La Argentina tiene a su vicepresidente imputado y a punto de ser procesado por delitos de corrupción: ¿puede haber un hecho más simbólico de la decadencia nacional? No es el único. La Universidad de Buenos Aires, el lugar que convocó, en su momento, a las grandes mentes de América, de Mariátegui a Vasconcelos, ha retrocedido siete puestos en el índice que elabora la consultora global QS para medir la calidad académica de las universidades del mundo. En la calle, se viven formas atroces de indignidad: por ejemplo, se lincha a supuestos ladrones. Mientras Brasil es capaz, con todas sus fallas y defectos, de organizar un Mundial de fútbol, o sea un evento de alcance universal, en la Argentina ni siquiera se ha podido jugar normalmente una final de ascenso (hubo que llevar el partido a cien kilómetros). Es que campan por sus fueros los delincuentes que la Presidenta idealiza como "héroes del paraavalancha".

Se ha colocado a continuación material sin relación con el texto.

-- ===== src/Upgrade/Replay/Admin.antt =====
-- An upgrade admin, and what the upgrade program's instructions keep of it.
use mathlib.Core.Option.{some-injective}
use solana_bridge_program.Common.{
  ℕ, ◌+◌, ◌≤◌, ◌≡◌, refl, true, some, List, [], ◌∷◌, Bytes, length, arith, ap, sym, ◌∙◌,
  Bytes-cases, inl, inr,
}
use solana_bridge_program.Runtime.{Pubkey, AccountInfo, Bank, Instruction, ok, next_account_info}
use solana_bridge_program.Runtime.Store.{OnlyData}
use solana_bridge_program.Runtime.Laws.{RecordLaws, IsUsed}
use solana_bridge_program.Env.{Env, IsLawful}
use solana_bridge_program.Upgrade.State.{UpgradeAdmin}
use solana_bridge_program.Upgrade.Handlers.{process_transfer_ownership, process_upgrade}
use solana_bridge_program.Upgrade.Handlers.Upgraded.{
  IsSized, upgrade_sound, upgrade_ownership_sound,
}

-- The account belongs to the program and holds an initialised admin of the contract whose nonce is
-- at least `n`.
pub record Held (env : Env) (program_id k contract : Pubkey) (n : ℕ) (b : Bank) : Type 0 where
  pub used : IsUsed program_id k b
  pub admin : UpgradeAdmin
  pub stored : env.upgrade_admin.deserialize (b k).data_bytes ≡ some admin
  pub initialized : admin.is_initialized ≡ true
  pub same_contract : admin.contract ≡ contract
  pub least : n ≤ admin.nonce

module _ (env : Env) (program_id k contract : Pubkey) (n : ℕ) (laws : RecordLaws env program_id)
    (law : IsLawful IsSized env.upgrade_admin) where
  abbrev H : Bank → Type 0
  H = Held env program_id k contract n

  -- The account is as it was.
  pub Held-same :
      (b b' : Bank) → (b' k).owner ≡ (b k).owner → (b' k).data_bytes ≡ (b k).data_bytes → H b → H b'
  Held-same b b' owner bytes h = record {
    used = record { owner = owner ∙ h.used.owner; filled = rw bytes h.used.filled };
    admin = h.admin;
    stored = ap env.upgrade_admin.deserialize bytes ∙ h.stored;
    initialized = h.initialized;
    same_contract = h.same_contract;
    least = h.least;
  }

  pub Held-invoke :
      (ix : Instruction) (infos : List AccountInfo) (seeds : List (List Bytes)) (b b' : Bank)
      → env.invoke_signed ix infos seeds b ≡ ok (tt, b')
      → H b
      → H b'
  Held-invoke ix infos seeds b b' e h =
      let kept = laws.owned_kept k ix infos seeds b b' e h.used in Held-same b b' kept.0 kept.1 h

  -- The new admin of a write to the account: its contract stays, and its nonce does not fall.
  abbrev Follows : UpgradeAdmin → UpgradeAdmin → Type 0
  Follows old new =
      (new.is_initialized ≡ true) × (new.contract ≡ old.contract) × (old.nonce ≤ new.nonce)

  -- A write of an admin that follows the one that the account held in `b`; `m` is the state before
  -- the write.
  Held-write :
      (info : AccountInfo) (old new : UpgradeAdmin) (b m b' : Bank)
      → env.upgrade_admin.deserialize (b info.key).data_bytes ≡ some old
      → env.upgrade_admin.deserialize (b' info.key).data_bytes ≡ some new
      → OnlyData info.key m b'
      → Follows old new
      → H b
      → H m
      → H b'
  Held-write info old new b m b' was is only follows h hm = elim (Bytes-cases k info.key) [
    | inl same ↦
        let here : h.admin ≡ old =
          some-injective h.admin old
            (sym h.stored ∙ ap (λ j. env.upgrade_admin.deserialize (b j).data_bytes) same ∙ was) in
        record {
          used = record {
            owner =
                ap (λ j. (b' j).owner) same
                ∙ only.owner
                ∙ sym (ap (λ j. (m j).owner) same)
                ∙ hm.used.owner;
            filled = omega (
              arith,
              hm.used.filled,
              only.size,
              ap (λ j. length (b' j).data_bytes) same,
              ap (λ j. length (m j).data_bytes) same,
            );
          };
          admin = new;
          stored = ap (λ j. env.upgrade_admin.deserialize (b' j).data_bytes) same ∙ is;
          initialized = follows.0;
          same_contract =
              follows.1 ∙ sym (ap (λ (a : UpgradeAdmin). a.contract) here) ∙ h.same_contract;
          least = omega (arith, h.least, follows.2, ap (λ (a : UpgradeAdmin). a.nonce) here);
        }
    | inr other ↦
        let kept = only.elsewhere k other in
        Held-same m b' (ap (λ a. a.owner) kept) (ap (λ a. a.data_bytes) kept) hm
  ]

  pub upgrade-Held :
      (infos : List AccountInfo) (signature : Bytes) (recovery_id : ℕ) (path : List Bytes)
      (b b' : Bank)
      → process_upgrade env program_id infos signature recovery_id path b ≡ ok (tt, b')
      → H b
      → H b'
  unfolding process_upgrade next_account_info
  upgrade-Held (i ∷ d ∷ p ∷ f ∷ s ∷ r ∷ c ∷ rest) signature recovery_id path b b' e h =
      let u =
        upgrade_sound env program_id i d p f s r c rest signature recovery_id path b b' law e in
      Held-write i u.admin (record u.admin { nonce = u.admin.nonce + 1 }) b u.loaded b'
        u.opened.stored u.stored u.only (u.opened.initialized, refl, omega arith) h
        (Held-invoke _ _ _ b u.loaded u.load h)
  upgrade-Held _ signature recovery_id path b b' e h = cc

  pub transfer_ownership-Held :
      (infos : List AccountInfo) (key signature : Bytes) (recovery_id : ℕ) (b b' : Bank)
      → length key ≡ 64
      → process_transfer_ownership env program_id infos key signature recovery_id b ≡ ok (tt, b')
      → H b
      → H b'
  unfolding process_transfer_ownership next_account_info
  transfer_ownership-Held (i ∷ rest) key signature recovery_id b b' size e h =
      let (admin, opened, _, is, only) =
        upgrade_ownership_sound env program_id i rest key signature recovery_id b b' law size e in
      Held-write i admin (record admin { public_key = key }) b b b' opened.stored is only
        (opened.initialized, refl, omega arith) h h
  transfer_ownership-Held [] key signature recovery_id b b' size e h = cc
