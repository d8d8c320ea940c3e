-- ===== src/Upgrade/Replay/Kept.antt =====
-- Every instruction of the upgrade program keeps an upgrade admin, and its nonce does not fall.
use solana_bridge_program.Common.{
  ℕ, ◌≡◌, ◌≢◌, refl, true, some, List, [], ◌∷◌, Bytes, length, arith, ap, ◌∙◌, subst, bytes_eq, not,
}
use solana_bridge_program.Runtime.{
  Pubkey, AccountInfo, Bank, ok, bind-ok, lift, lift-ok, require, require-ok, from_option,
  from_option-ok, borsh_io_error, write_data, next_account_info,
}
use solana_bridge_program.Runtime.Store.{write_data-ok}
use solana_bridge_program.Runtime.Laws.{RecordLaws}
use solana_bridge_program.Env.{Env, IsLawful}
use solana_bridge_program.Shared.Error.{wrong_admin, already_in_use}
use solana_bridge_program.Shared.Types.{upgrade_admin_pda_seed}
use solana_bridge_program.Shared.Calls.{call_create_account}
use solana_bridge_program.Shared.Calls.Created.{call_create_account-ok, call_create_account_fresh}
use solana_bridge_program.Shared.Instructions.Upgrade.{
  UpgradeInstruction, TransferOwnershipArgs, initialize_admin, transfer_ownership, upgrade,
}
use solana_bridge_program.Upgrade.State.{max_admin_size}
use solana_bridge_program.Upgrade.Handlers.{read_upgrade_admin, process_init_admin}
use solana_bridge_program.Upgrade.Handlers.Upgraded.{IsSized, read_upgrade_admin-ok}
use solana_bridge_program.Upgrade.Processor.{dispatch, process_instruction}
use solana_bridge_program.Upgrade.Replay.Admin.{
  Held, Held-same, Held-invoke, upgrade-Held, transfer_ownership-Held,
}

-- The keys that the codec reads from an instruction have 64 bytes.
abbrev pub ReadsKeys : Env → Type 0
ReadsKeys env =
    (input : Bytes) (args : TransferOwnershipArgs)
    → env.upgrade_instruction.try_from_slice input ≡ some (transfer_ownership args)
    → length args.new_public_key ≡ 64

module _ (env : Env) (program_id k contract : Pubkey) (n : ℕ) (laws : RecordLaws env program_id)
    (law : IsLawful IsSized env.upgrade_admin) where
  abbrev H : Bank → Type 0
  H = Held env program_id k contract n

  call_create_account-Held :
      (payer info rent system : AccountInfo) (space : ℕ) (owner : Pubkey) (s : Bytes)
      (seeds : List Bytes) (b b' : Bank)
      → call_create_account env payer info rent system space owner (s ∷ seeds) b ≡ ok (tt, b')
      → H b
      → H b' × (k ≢ info.key)
  call_create_account-Held payer info rent system space owner s seeds b b' e h =
      let (lamports, run) =
        call_create_account-ok env payer info rent system space owner s seeds b b' e in
      let fresh =
        call_create_account_fresh env payer info rent system space owner s seeds b b' program_id
          laws e in
      (
        Held-invoke env program_id k contract n laws law _ _ _ b b' run h,
        λ same.
            absurd (
              omega
                (arith, h.used.filled, ap (λ j. length (b j).data_bytes) same, ap length fresh)),
      )

  init_admin-Held :
      (infos : List AccountInfo) (key : Bytes) (upgraded : Pubkey) (b b' : Bank)
      → process_init_admin env program_id infos key upgraded b ≡ ok (tt, b')
      → H b
      → H b'
  unfolding process_init_admin next_account_info
  init_admin-Held (i ∷ p ∷ s ∷ r ∷ rest) key upgraded b b' e h =
      let made = env.create_program_address (upgrade_admin_pda_seed ∷ upgraded ∷ []) program_id in
      let (address, b1, e1, f1) = bind-ok (lift made) _ {b = b} e in
      let (_, b1-b) = lift-ok made e1 in
      let test = bytes_eq address i.key in
      let (_, b2, e2, f2) = bind-ok (require test wrong_admin) _ f1 in
      let (_, b2-b1) = require-ok test wrong_admin e2 in
      let create =
        call_create_account env p i r s max_admin_size program_id
          (upgrade_admin_pda_seed ∷ upgraded ∷ []) in
      let (_, b3, e3, f3) = bind-ok create _ f2 in
      let (h3, other) =
        call_create_account-Held p i r s max_admin_size program_id _ _ b b3
          (subst (λ (c : Bank). create c ≡ ok (tt, b3)) (b2-b1 ∙ b1-b) e3) h in
      let (admin, b4, e4, f4) = bind-ok (read_upgrade_admin env i) _ f3 in
      let (b4-b3, _) = read_upgrade_admin-ok env program_id i e4 in
      let fresh = not admin.is_initialized in
      let (_, b5, e5, f5) = bind-ok (require fresh already_in_use) _ f4 in
      let (_, b5-b4) = require-ok fresh already_in_use e5 in
      let bytes =
        env.upgrade_admin.serialize
          (record admin { contract = upgraded; public_key = key; is_initialized = true }) in
      let written = subst (λ (c : Bank). write_data i bytes c ≡ ok (tt, b')) (b5-b4 ∙ b4-b3) f5 in
      let (_, _, only) = write_data-ok i bytes {b = b3} written in
      let kept = only.elsewhere k other in
      Held-same env program_id k contract n laws law b3 b' (ap (λ a. a.owner) kept)
        (ap (λ a. a.data_bytes) kept) h3
  init_admin-Held _ key upgraded b b' e h = cc

  dispatch-Held :
      (infos : List AccountInfo) (i : UpgradeInstruction) (b b' : Bank)
      → ((args : TransferOwnershipArgs)
          → i ≡ transfer_ownership args
          → length args.new_public_key ≡ 64)
      → dispatch env program_id infos i b ≡ ok (tt, b')
      → H b
      → H b'
  unfolding dispatch
  dispatch-Held infos (initialize_admin args) b b' keys e h =
      init_admin-Held infos args.public_key args.contract b b' e h
  dispatch-Held infos (transfer_ownership args) b b' keys e h =
      transfer_ownership-Held env program_id k contract n laws law infos args.new_public_key
        args.signature args.recovery_id b b' (keys args refl) e h
  dispatch-Held infos (upgrade args) b b' keys e h =
      upgrade-Held env program_id k contract n laws law infos args.signature args.recovery_id
        args.path b b' e h

  -- An upgrade admin stays one under every instruction of the upgrade program that succeeds.
  pub process_instruction-Held :
      (infos : List AccountInfo) (input : Bytes) (b b' : Bank)
      → ReadsKeys env
      → process_instruction env program_id infos input b ≡ ok (tt, b')
      → H b
      → H b'
  unfolding process_instruction
  process_instruction-Held infos input b b' keys e h =
      let decoded = env.upgrade_instruction.try_from_slice input in
      let (i, b1, e1, f1) = bind-ok (from_option decoded borsh_io_error) _ {b = b} e in
      let (is, b1-b) = from_option-ok decoded borsh_io_error e1 in
      dispatch-Held infos i b b' (λ args same. keys input args (is ∙ ap some same))
        (subst (λ (c : Bank). dispatch env program_id infos i c ≡ ok (tt, b')) b1-b f1) h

La prensa oficial defiende a Boudou con un argumento ad hominem: la Justicia decidirá en su momento, dicen; mientras tanto, calificar a un acusado es lincharlo. En lógica, argumentar ad hominem quiere decir juzgar las personas, no los hechos. Los kirchneristas hicieron de esta práctica su biblia. A Ernestina de Noble, por ejemplo, la crucificaron no por sus ideas o prácticas del periodismo, sino como "apropiadora de niños robados"; finalmente, una fábula. A Boudou, dicen, se lo persigue porque él le arruinó el negocio a las cajas de jubilación privadas. Ocultan, interesadamente, que la Justicia en este país es pública. Los medios de comunicación ventilan la vida pública y por lo tanto las pruebas de los procesos son examinadas por la opinión pública. La Justicia es abierta al pueblo. Fue el reclamo de los kirchneristas cuando querían reformar el Poder Judicial, acusándolo de ser una cueva cerrada. La prensa adicta al poder no dice una palabra de las pruebas contra Boudou, evidencias tangibles que serán oportunamente evaluadas en sede judicial, pero que las investigaciones periodísticas exhiben día a día. Esa prensa oficialista, cual púdica doncella, clama: "¡Hay prejuzgamiento!"
Aun si Boudou le hubiera arruinado el negocio a poderosas empresas, nada borraría el delito que se le imputa.